Ayat ini, jelas-jelas menyuruh kita umat Islam untuk bergembira dengan adanya rahmat Allah S.w.t. Sementara Nabi Muhammad S.a.w adalah rahmat atau anugerah Tuhan kepada manusia yang terbesar dan teragung, tiada taranya. Sebagaimana firman Allah S.w.t:
"Dan tiadalah Kami mengutus engkau (wahai Nabi Muhammad), melainkan untuk (menjadi) rahmat bagi semesta alam.". (QS al-Anbiya’:107).
Sesunggunya, Perayaan Maulid itu sudah ada dan telah lama dilakukan oleh umat Islam. Benihnya sudah ditanam sendiri oleh Rasulullah S.a.w. Dalam sebuah hadits diriwayatkan dari Abu Qatadah al-Anshari R.a bahwa Rasulullah S.a.w pernah ditanya tentang puasa Senin. Maka Beliau menjawab:
“Pada hari itulah aku dilahirkan dan wahyu diturunkan kepadaku.”. (HR Muslim)

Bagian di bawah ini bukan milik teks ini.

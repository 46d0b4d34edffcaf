-- ===== src/Sched/Queues.antt =====
-- The three queues as lists of nodes, by the address of their heads, and how a node enters one and
-- leaves one.
use so2_soa_fib.Common.{
  ◌≤◌, ◌<◌, ◌≡◌, ◌≢◌, refl, sym, ◌∙◌, subst, some, List, [], ◌∷◌, ◌++◌, arith, update_cases, update,
  Out, Apart, Out-append,
}
use so2_soa_fib.ListHead.{Ptr, null, Links, list_add, list_add_tail, list_del}
use so2_soa_fib.ListHead.Queue.{
  IsQueue, SameOutside, IsQueue-same, list_add-cons, list_add_tail-append, list_del-remove,
}

abbrev pub IsHead : Ptr → Type 0
IsHead h = (1 ≤ h) × (h < 4)

-- Every element is a task's node.
abbrev pub Nodes : List Ptr → Type 0
Nodes [] = Unit
Nodes (x ∷ xs) = (4 ≤ x) × Nodes xs

-- What the queues hold, by the address of the head.
abbrev pub Queues : Type 0
Queues = Ptr → List Ptr

pub record Holds (m : Links) (q : Queues) : Type 0 where
  pub queue : (h : Ptr) → IsHead h → IsQueue m h (q h)
  pub nodes : (h : Ptr) → IsHead h → Nodes (q h)
  pub apart : (h h' : Ptr) → IsHead h → IsHead h' → h ≢ h' → Apart (q h) (q h')

-- A task's node that is in no queue, with both its pointers NULL.
pub record Detached (x : Ptr) (m : Links) (q : Queues) : Type 0 where
  pub is_node : 4 ≤ x
  pub outside : (h : Ptr) → IsHead h → Out x (q h)
  pub next_null : m.next x ≡ null
  pub prev_null : m.prev x ≡ null

Nodes-Out : (h : Ptr) (xs : List Ptr) → h < 4 → Nodes xs → Out h xs
Nodes-Out h [] lt n = tt
Nodes-Out h (x ∷ xs) lt n = (λ e. omega arith, Nodes-Out h xs lt n.1)

Nodes-append : (xs ys : List Ptr) → Nodes xs → Nodes ys → Nodes (xs ++ ys)
Nodes-append [] ys h k = k
Nodes-append (x ∷ xs) ys h k = (h.0, Nodes-append xs ys h.1 k)

Apart-snoc : (xs ys : List Ptr) (y : Ptr) → Apart xs ys → Out y xs → Apart xs (ys ++ y ∷ [])
Apart-snoc [] ys y a o = tt
Apart-snoc (x ∷ xs) ys y a o =
    (Out-append x ys (y ∷ []) a.0 (λ e. o.0 (sym e), tt), Apart-snoc xs ys y a.1 o.1)

Apart-cons : (xs ys : List Ptr) (y : Ptr) → Apart xs ys → Out y xs → Apart xs (y ∷ ys)
Apart-cons [] ys y a o = tt
Apart-cons (x ∷ xs) ys y a o = ((λ e. o.0 (sym e), a.0), Apart-cons xs ys y a.1 o.1)

Apart-tail : (xs ys : List Ptr) (y : Ptr) → Apart xs (y ∷ ys) → Apart xs ys × Out y xs
Apart-tail [] ys y a = (tt, tt)
Apart-tail (x ∷ xs) ys y a =
    let (rest, out) = Apart-tail xs ys y a.1 in ((a.0.1, rest), (λ e. a.0.0 (sym e), out))

snoc-Apart : (xs ys : List Ptr) (x : Ptr) → Apart xs ys → Out x ys → Apart (xs ++ x ∷ []) ys
snoc-Apart [] ys x a o = (o, tt)
snoc-Apart (z ∷ xs) ys x a o = (a.0, snoc-Apart xs ys x a.1 o)

-- The nodes that a change of queue `h` at node `x` may touch do not belong to another queue.
other-Apart :
    (h h' x : Ptr) (xs ys : List Ptr)
    → IsHead h
    → IsHead h'
    → h ≢ h'
    → 4 ≤ x
    → Nodes xs
    → Nodes ys
    → Out x ys
    → Apart ys xs
    → Apart (h' ∷ ys) (x ∷ h ∷ xs)
other-Apart h h' x xs ys ih ih' n nx nxs nys o a = (
  (λ e. omega arith, (λ e. n (sym e), Nodes-Out h' xs ih'.1 nxs)),
  Apart-cons ys (h ∷ xs) x (Apart-cons ys xs h a (Nodes-Out h ys ih.1 nys)) o,
)

abbrev pub push_back : Queues → Ptr → Ptr → Queues
push_back q h x = update q h (q h ++ x ∷ [])

-- One queue gets another list, and no pointer of another queue's nodes is changed.
replace-Holds :
    {m m' : Links} {q : Queues} (h : Ptr) (ys touched : List Ptr)
    → Holds m q
    → IsQueue m' h ys
    → SameOutside touched m m'
    → ((a : Ptr) → IsHead a → a ≢ h → Apart (a ∷ q a) touched)
    → Nodes ys
    → ((a : Ptr) → IsHead a → a ≢ h → Apart ys (q a) × Apart (q a) ys)
    → Holds m' (update q h ys)
replace-Holds {m' = m'} {q = q} h ys touched holds is same far ns apart = record {
  queue =
      update_cases (λ a xs. IsHead a → IsQueue m' a xs) q h ys (λ _. is)
        (λ a n ia. IsQueue-same touched same (far a ia n) (holds.queue a ia));
  nodes = update_cases (λ a xs. IsHead a → Nodes xs) q h ys (λ _. ns) (λ a n ia. holds.nodes a ia);
  apart = λ a b.
      update_cases (λ c xs. IsHead c → IsHead b → c ≢ b → Apart xs (update q h ys b)) q h ys
        (first b) (second b) a;
}
  where
    first : (b : Ptr) → IsHead h → IsHead b → h ≢ b → Apart ys (update q h ys b)
    first =
        update_cases (λ b zs. IsHead h → IsHead b → h ≢ b → Apart ys zs) q h ys
          (λ i j n. absurd (n refl)) (λ b n i j ne. (apart b j n).0)

    second : (b c : Ptr) → c ≢ h → IsHead c → IsHead b → c ≢ b → Apart (q c) (update q h ys b)
    second b c n =
        update_cases (λ d zs. IsHead c → IsHead d → c ≢ d → Apart (q c) zs) q h ys
          (λ i j ne. (apart c i n).1) (λ d nd i j ne. holds.apart c d i j ne) b

-- A detached node that a change does not touch stays so.
keep-Detached :
    {m m' : Links} {q : Queues} (y h : Ptr) (ys touched : List Ptr)
    → Detached y m q
    → SameOutside touched m m'
    → Out y touched
    → Out y ys
    → Detached y m' (update q h ys)
keep-Detached {q = q} y h ys touched d same far out = record {
  is_node = d.is_node;
  outside =
      update_cases (λ a zs. IsHead a → Out y zs) q h ys (λ _. out) (λ b nb ib. d.outside b ib);
  next_null = (same y far).0 ∙ d.next_null;
  prev_null = (same y far).1 ∙ d.prev_null;
}

module _ {m : Links} {q : Queues} (h x : Ptr) (ih : IsHead h) (holds : Holds m q)
    (free : Detached x m q) where
  fresh : Out x (null ∷ h ∷ q h)
  fresh =
      ((λ e. omega (arith, free.is_node)), ((λ e. omega (arith, free.is_node)), free.outside h ih))

  far : (a : Ptr) → IsHead a → a ≢ h → Apart (a ∷ q a) (x ∷ h ∷ q h)
  far a ia n =
      other-Apart h a x (q h) (q a) ih ia (λ e. n (sym e)) free.is_node (holds.nodes h ih)
        (holds.nodes a ia) (free.outside a ia) (holds.apart a h ia ih n)

  push-Holds :
      {m' : Links}
      → IsQueue m' h (q h ++ x ∷ [])
      → SameOutside (x ∷ h ∷ q h) m m'
      → Holds m' (push_back q h x)
  push-Holds is same =
      replace-Holds h (q h ++ x ∷ []) (x ∷ h ∷ q h) holds is same far
        (Nodes-append (q h) (x ∷ []) (holds.nodes h ih) (free.is_node, tt))
        (λ a ia n. (
          snoc-Apart (q h) (q a) x (holds.apart h a ih ia (λ e. n (sym e))) (free.outside a ia),
          Apart-snoc (q a) (q h) x (holds.apart a h ia ih n) (free.outside a ia),
        ))

  -- `list_add` puts a detached node in front of a queue and leaves the other queues.
  pub list_add-Holds : (m' : Links) × (list_add x h m ≡ some m') × Holds m' (update q h (x ∷ q h))
  list_add-Holds =
      let (m', e, is, same) = list_add-cons x (q h) (holds.queue h ih) fresh in
      (
        m',
        e,
        replace-Holds h (x ∷ q h) (x ∷ h ∷ q h) holds is same far (free.is_node, holds.nodes h ih)
            (λ a ia n. (
              (free.outside a ia, holds.apart h a ih ia (λ e. n (sym e))),
              Apart-cons (q a) (q h) x (holds.apart a h ia ih n) (free.outside a ia),
            )),
      )

  -- `list_add_tail` puts a detached node at the end of a queue and leaves the other queues.
  pub list_add_tail-Holds :
      (m' : Links) × (list_add_tail x h m ≡ some m') × Holds m' (push_back q h x)
  list_add_tail-Holds =
      let (m', e, is, same) = list_add_tail-append x (q h) (holds.queue h ih) fresh in
      (m', e, push-Holds is same)

  -- Another detached node stays so when `x` is added.
  far_from : (y : Ptr) → y ≢ x → Detached y m q → Out y (x ∷ h ∷ q h)
  far_from y ne d = (ne, ((λ e. omega (arith, d.is_node)), d.outside h ih))

  pub list_add_tail-Detached :
      {m' : Links} (y : Ptr)
      → list_add_tail x h m ≡ some m'
      → y ≢ x
      → Detached y m q
      → Detached y m' (push_back q h x)
  list_add_tail-Detached y add ne d =
      let (m'', e, is, same) = list_add_tail-append x (q h) (holds.queue h ih) fresh in
      subst (λ l. Detached y l (push_back q h x)) (cc)
        (keep-Detached y h (q h ++ x ∷ []) (x ∷ h ∷ q h) d same (far_from y ne d)
          (Out-append y (q h) (x ∷ []) (d.outside h ih) (ne, tt)))

  pub list_add-Detached :
      {m' : Links} (y : Ptr)
      → list_add x h m ≡ some m'
      → y ≢ x
      → Detached y m q
      → Detached y m' (update q h (x ∷ q h))
  list_add-Detached y add ne d =
      let (m'', e, is, same) = list_add-cons x (q h) (holds.queue h ih) fresh in
      subst (λ l. Detached y l (update q h (x ∷ q h))) (cc)
        (keep-Detached y h (x ∷ q h) (x ∷ h ∷ q h) d same (far_from y ne d) (ne, d.outside h ih))

module _ {m : Links} {q : Queues} (h x : Ptr) (xs : List Ptr) (ih : IsHead h) (holds : Holds m q)
    (front : q h ≡ x ∷ xs) where
  front-IsQueue : IsQueue m h (x ∷ xs)
  front-IsQueue = subst (IsQueue m h) front (holds.queue h ih)

  front-Nodes : Nodes (x ∷ xs)
  front-Nodes = subst Nodes front (holds.nodes h ih)

  front-Apart : (b : Ptr) → IsHead b → h ≢ b → Apart (x ∷ xs) (q b)
  front-Apart b ib n = subst (λ ys. Apart ys (q b)) front (holds.apart h b ih ib n)

  Apart-front : (b : Ptr) → IsHead b → b ≢ h → Apart (q b) xs × Out x (q b)
  Apart-front b ib n =
      Apart-tail (q b) xs x (subst (λ ys. Apart (q b) ys) front (holds.apart b h ib ih n))

  pop-Holds :
      {m' : Links} → IsQueue m' h xs → SameOutside (x ∷ h ∷ xs) m m' → Holds m' (update q h xs)
  pop-Holds is same =
      replace-Holds h xs (x ∷ h ∷ xs) holds is same
        (λ a ia n.
          other-Apart h a x xs (q a) ih ia (λ e. n (sym e)) front-Nodes.0 front-Nodes.1
            (holds.nodes a ia) (Apart-front a ia n).1 (Apart-front a ia n).0)
        front-Nodes.1 (λ a ia n. ((front-Apart a ia (λ e. n (sym e))).1, (Apart-front a ia n).0))

  -- `list_del` of the first node of a queue leaves the rest of it, the other queues, and the node
  -- detached.
  pub list_del-Holds :
      (m' : Links) × (list_del x m ≡ some m')
      × Holds m' (update q h xs)
      × Detached x m' (update q h xs)
  list_del-Holds =
      let (m', e, is, n, p, same) = list_del-remove [] x xs front-IsQueue in
      (
        m',
        e,
        pop-Holds is same,
        record {
          is_node = front-Nodes.0;
          outside =
              update_cases (λ a ys. IsHead a → Out x ys) q h xs (λ _. front-IsQueue.distinct.1.0)
                (λ b nb ib. (Apart-front b ib nb).1);
          next_null = n;
          prev_null = p;
        },
      )

  -- Another detached node stays so.
  pub list_del-Detached :
      {m' : Links} (y : Ptr)
      → list_del x m ≡ some m'
      → y ≢ x
      → Detached y m q
      → Detached y m' (update q h xs)
  list_del-Detached y del ne d =
      let (m'', e, is, n, p, same) = list_del-remove [] x xs front-IsQueue in
      let out : Out y xs = (subst (Out y) front (d.outside h ih)).1 in
      subst (λ l. Detached y l (update q h xs)) (cc)
        (keep-Detached y h xs (x ∷ h ∷ xs) d same (ne, ((λ e. omega (arith, d.is_node)), out)) out)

“Pada hari itulah aku dilahirkan dan wahyu diturunkan kepadaku.”. (HR Muslim)
Betapa Rasulullah S.a.w begitu memuliakan hari kelahirannya. Beliau bersyukur kepada Allah S.w.t pada hari tersebut atas karunia Tuhan yang telah menyebabkan keberadaannya. Rasa syukur itu Beliau ungkapkan dengan bentuk puasa.

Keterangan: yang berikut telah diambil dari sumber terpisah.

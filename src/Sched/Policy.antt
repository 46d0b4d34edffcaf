-- ===== src/Sched/Policy.antt =====
-- What `schedule` does with the tasks, said of lists, and that the code does it.
pub mod Next
pub mod Turn
pub mod Safe
use so2_soa_fib.Common.{
  ℕ, ◌+◌, ◌*◌, ◌≡◌, Bool, true, false, ◌&&◌, List, [], ◌∷◌, is_empty, ◌==◌, if◌then◌else◌, update,
  pos,
}
use so2_soa_fib.ListHead.{Ptr}
use so2_soa_fib.Kernel.{Kernel, current, readyqueue, priorityqueue, node}
use so2_soa_fib.Sched.Queues.{Queues, Holds, Detached, push_back}

-- The queues hold the lists `q`, and the running task is in none.
pub record IsScheduled (k : Kernel) (q : Queues) : Type 0 where
  pub holds : Holds k.links q
  pub out : Detached (node k.running) k.links q

-- The queue of tasks like the running one, and the queue from which the next one comes.
abbrev pub home : ℕ → Ptr
home nice = if nice == 0 then priorityqueue else readyqueue

abbrev pub source : ℕ → Queues → Ptr
source nice q =
    if nice == 0
    then readyqueue
    else if is_empty (q priorityqueue)
    then readyqueue
    else priorityqueue

-- The ticks that a task is given when it is switched to: its quantum after a task of high priority,
-- five times that after one of low priority.
abbrev pub share : ℕ → ℕ → ℕ
share nice quantum = if nice == 0 then quantum else quantum * 5

-- What a tick of the clock leads to: the task goes on, or begins another quantum, or gives way to a
-- task, or the code takes a queue's head for a task.
pub data Outcome : Type 0 where
  goes_on : Outcome
  renewed : Outcome
  gives_way : Ptr → Queues → Outcome
  lost : Outcome

unfoldable pub take_from : Ptr → Queues → List Ptr → Outcome
take_from h q [] = lost
take_from h q (x ∷ xs) = gives_way x (update q h xs)

-- The policy: `left` says that ticks of the quantum are left.
unfoldable pub policy : Bool → ℕ → Ptr → Queues → Outcome
unfolding take_from
policy left nice task q =
    if left
    then goes_on
    else if is_empty (q readyqueue) && is_empty (q priorityqueue)
    then renewed
    else (let q' = push_back q (home nice) task in
        take_from (source nice q') q' (q' (source nice q')))

-- No task's fields but its statistics differ.
abbrev pub SameTasks : Kernel → Kernel → Type 0
SameTasks k k' =
    (i : ℕ)
    → ((k'.task i).pid ≡ (k.task i).pid)
      × ((k'.task i).dir ≡ (k.task i).dir)
      × ((k'.task i).quantum ≡ (k.task i).quantum)
      × ((k'.task i).nice ≡ (k.task i).nice)
      × ((k'.task i).brk ≡ (k.task i).brk)

-- `k'` runs the task of node `x`, on its stack and in its address space, with the share of ticks
-- that follows the task which ran in `k`.
pub record Runs (k : Kernel) (x : Ptr) (q : Queues) (k' : Kernel) : Type 0 where
  pub scheduled : IsScheduled k' q
  pub chosen : node k'.running ≡ x
  pub ticks : k'.quantum_ticks ≡ pos (share (current k).nice (k.task k'.running).quantum)
  pub stack : k'.esp0 ≡ k'.running
  pub directory : k'.cr3 ≡ (k.task k'.running).dir
  pub same : SameTasks k k'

Paparan ini menyiratkan bahwa merayakan kelahiran (maulid) Nabi Muhammad S.a.w termasuk sesuatu yang boleh dilakukan. Apalagi perayaan Maulid itu isinya adalah bacaan shalawat, baik Barzanji atau Diba’, sedekah dengan beraneka makanan, pengajian agama dan sebagainya, yang merupakan amalan-amalan yang memang dianjurkan oleh Syari’at Islam. Abuya Sayyid Muhammad Alawi al-Maliki mengatakan:
“Pada pokoknya, berkumpul untuk mengadakan Maulid Nabi merupakan sesuatu yang sudah lumrah terjadi. Tapi hal itu termasuk kebiasaan yang baik yang mengandung banyak kegunaan dan manfaat yang (akhirnya) kembali kepada umat sendiri dengan beberapa keutamaan (di dalamnya). Sebab, kebiasaan seperti itu memang dianjurkan oleh syara’ secara parsial (bagian bagiannya)”

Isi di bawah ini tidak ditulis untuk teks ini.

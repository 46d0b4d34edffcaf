-- ===== src/Boot/Tasks.antt =====
-- The tasks and queues when the first process begins.
use so2_soa_fib.Common.{
  ℕ, zero, suc, ◌≡◌, ◌≢◌, refl, some, [], ◌∷◌, arith, ◌==◌, if◌then◌else◌, update, Apart, pos, neg,
}
use so2_soa_fib.ListHead.{Links, Ptr, list_del, list_first, list_add, set_next, set_prev}
use so2_soa_fib.ListHead.Queue.{IsQueue, list_first-first_of}
use so2_soa_fib.Kernel.{
  Kernel, Task, freequeue, set_task, allocate_dir, init_stat, list_head_to_task_struct,
}
use so2_soa_fib.Process.{in_space, set_user_pages, l_heap_start}
use so2_soa_fib.Sched.Queues.{Queues, IsHead, Nodes, Holds, Detached, list_del-Holds}
use so2_soa_fib.Sched.Policy.{IsScheduled}
use so2_soa_fib.Boot.{init_queues, init_sched, init_idle, init_task1, start}

-- All tasks wait in the queue of the free ones, the last one first.
abbrev pub all_free : Queues
all_free = λ h. if h == freequeue then 13 ∷ 12 ∷ 11 ∷ 10 ∷ 9 ∷ 8 ∷ 7 ∷ 6 ∷ 5 ∷ 4 ∷ [] else []

-- The queues without the tasks 9 and 8.
abbrev pub idle_taken : Queues
idle_taken = update all_free freequeue (12 ∷ 11 ∷ 10 ∷ 9 ∷ 8 ∷ 7 ∷ 6 ∷ 5 ∷ 4 ∷ [])

abbrev pub both_taken : Queues
both_taken = update idle_taken freequeue (11 ∷ 10 ∷ 9 ∷ 8 ∷ 7 ∷ 6 ∷ 5 ∷ 4 ∷ [])

-- What holds of the three heads holds of each.
heads {ℓ} : (P : ℕ → Type ℓ) → P 1 → P 2 → P 3 → (h : ℕ) → IsHead h → P h
heads P a b c zero ih = absurd (omega arith)
heads P a b c (suc zero) ih = a
heads P a b c (suc (suc zero)) ih = b
heads P a b c (suc (suc (suc zero))) ih = c
heads P a b c (suc (suc (suc (suc h)))) ih = absurd (omega arith)

all_free-Apart : (h h' : Ptr) → IsHead h → IsHead h' → h ≢ h' → Apart (all_free h) (all_free h')
all_free-Apart h h' ih ih' n =
    heads (λ a. a ≢ h' → Apart (all_free a) (all_free h'))
      (λ n.
        heads (λ b. 1 ≢ b → Apart (all_free 1) (all_free b)) (λ n. absurd (n refl))
          (λ n. omega arith) (λ n. omega arith) h' ih' n)
      (λ n. tt) (λ n. tt) h ih n

init_queues-Holds : (m : Links) → (m' : Links) × (init_queues m ≡ some m') × Holds m' all_free
unfolding init_queues list_add set_next set_prev update
init_queues-Holds m = (
  _,
  refl,
  record {
    queue =
        heads (λ h. IsQueue _ h (all_free h))
          (record {
            nonnull = omega arith;
            distinct = omega arith;
            forward = omega arith;
            backward = omega arith;
          })
          (record { nonnull = omega arith; distinct = (tt, tt); forward = refl; backward = refl })
          (record { nonnull = omega arith; distinct = (tt, tt); forward = refl; backward = refl });
    nodes = heads (λ h. Nodes (all_free h)) (omega arith) tt tt;
    apart = all_free-Apart;
  },
)

with_queues : Links → Kernel → Kernel
with_queues m k = record k { links = m; quantum_ticks = neg 1; spf_ticks = neg 1; spf_sem = neg 1 }

with_idle : Links → Kernel → Kernel
with_idle m k =
    let k' = set_task 9 (record (k.task 9) { pid = pos 0 }) (record k { links = m }) in
    record (allocate_dir 9 k') { idle_task = 9 }

with_task1 : Links → Kernel → Kernel
with_task1 m k =
    let t : Task = record (k.task 8) { pid = pos 1; brk = l_heap_start; quantum = 3; nice = 1 } in
    let k' = set_user_pages 8 (allocate_dir 8 (set_task 8 t (record k { links = m }))) in
    init_stat 8 (record k' { esp0 = 8; cr3 = (k'.task 8).dir })

init_sched-queues :
    (k : Kernel) (m : Links) → init_queues k.links ≡ some m → init_sched k ≡ some (with_queues m k)
unfolding init_sched with_queues
init_sched-queues k m e = rw e

init_idle-takes :
    (k : Kernel) (m : Links)
    → list_first freequeue k.links ≡ some 13
    → list_del 13 k.links ≡ some m
    → init_idle k ≡ some (with_idle m k)
unfolding init_idle with_idle list_head_to_task_struct
init_idle-takes k m f e = rw (f, e)

init_task1-takes :
    (k : Kernel) (m : Links)
    → list_first freequeue k.links ≡ some 12
    → list_del 12 k.links ≡ some m
    → init_task1 k ≡ some (with_task1 m k)
unfolding init_task1 with_task1 list_head_to_task_struct
init_task1-takes k m f e = rw (f, e)

-- What is settled when the first process begins: its stack and its directory are in use.
pub record Started (k : Kernel) : Type 0 where
  pub scheduled : IsScheduled (record k { running = k.esp0 }) both_taken
  pub idle : ((k.task k.idle_task).pid ≡ pos 0) × ((k.task k.idle_task).dir ≡ k.idle_task)
  pub first : ((k.task k.esp0).pid ≡ pos 1) × ((k.task k.esp0).dir ≡ k.cr3)
  pub low : (k.task k.esp0).nice ≡ 1

with_task1-Started :
    (m1 m2 : Links) (k : Kernel)
    → Holds m2 both_taken
    → Detached 12 m2 both_taken
    → Started (with_task1 m2 (with_idle m1 k))
unfolding with_task1 with_idle set_task allocate_dir init_stat set_user_pages in_space update
with_task1-Started m1 m2 k holds out = record {
  scheduled = record { holds = holds; out = out };
  idle = (refl, refl);
  first = (refl, refl);
  low = refl;
}

-- From any state `init_sched`, `init_idle` and `init_task1` succeed. Then eight tasks are free and
-- none is ready, and if the task whose stack and directory are set runs, it is in no queue; it has
-- the identifier 1 and low priority, the idle task has the identifier 0, and each has the directory
-- of its own index.
pub start-Started : (k : Kernel) → (k' : Kernel) × (start k ≡ some k') × Started k'
unfolding start with_idle with_queues update allocate_dir
start-Started k =
    let (m0, e0, holds0) = init_queues-Holds k.links in
    let ih : IsHead freequeue = omega arith in
    let f0 : list_first freequeue m0 ≡ some 13 = list_first-first_of _ (holds0.queue 1 ih) in
    let (m1, e1, holds1, out1) = list_del-Holds 1 13 _ ih holds0 refl in
    let f1 : list_first freequeue m1 ≡ some 12 = list_first-first_of _ (holds1.queue 1 ih) in
    let (m2, e2, holds2, out2) = list_del-Holds 1 12 _ ih holds1 refl in
    let k0 = with_queues m0 k in
    let k1 = with_idle m1 k0 in
    (
      with_task1 m2 k1,
      rw (init_sched-queues k m0 e0, init_idle-takes k0 m1 f0 e1, init_task1-takes k1 m2 f1 e2)
          refl,
      with_task1-Started m1 m2 k0 holds2 out2,
    )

“Sesungguhnya perkumpulan ini merupakan sarana yang baik untuk berdakwah. Sekaligus merupakan kesempatan emas yang seharusnya tidak boleh punah. Bahkan menjadi kewajiban para da’i dan ulama untuk mengingatkan umat kepada akhlaq, sopan santun, keadaan sehari-hari, sejarah, tata cara bergaul dan ibadah Nabi Muhammad S.a.w. Dan hendaknya mereka menasehati dan memberikan petunjuk untuk selalu melakukan kebaikan dan keberuntungan. Dan memperingatkan umat akan datangnya bala’ (ujian), bid’ah, kejahatan dan berbagai fitnah”. (Mafahim Yajib an Tushahhah: 224-226)
Maka sudah sewajarnya kalau umat Islam merayakan Maulid Nabi S.a.w sebagai salah satu bentuk penghormatan kepada Nabi Muhammad S.a.w. Dan juga karena isi perbuatan tersebut secara satu persatu, yakni membaca shalawat, mengkaji sejarah Nabi S.a.w, sedekah, dan lain sebagainya merupakan amalan yang memang dianjurkan dalam Syari’at Islam.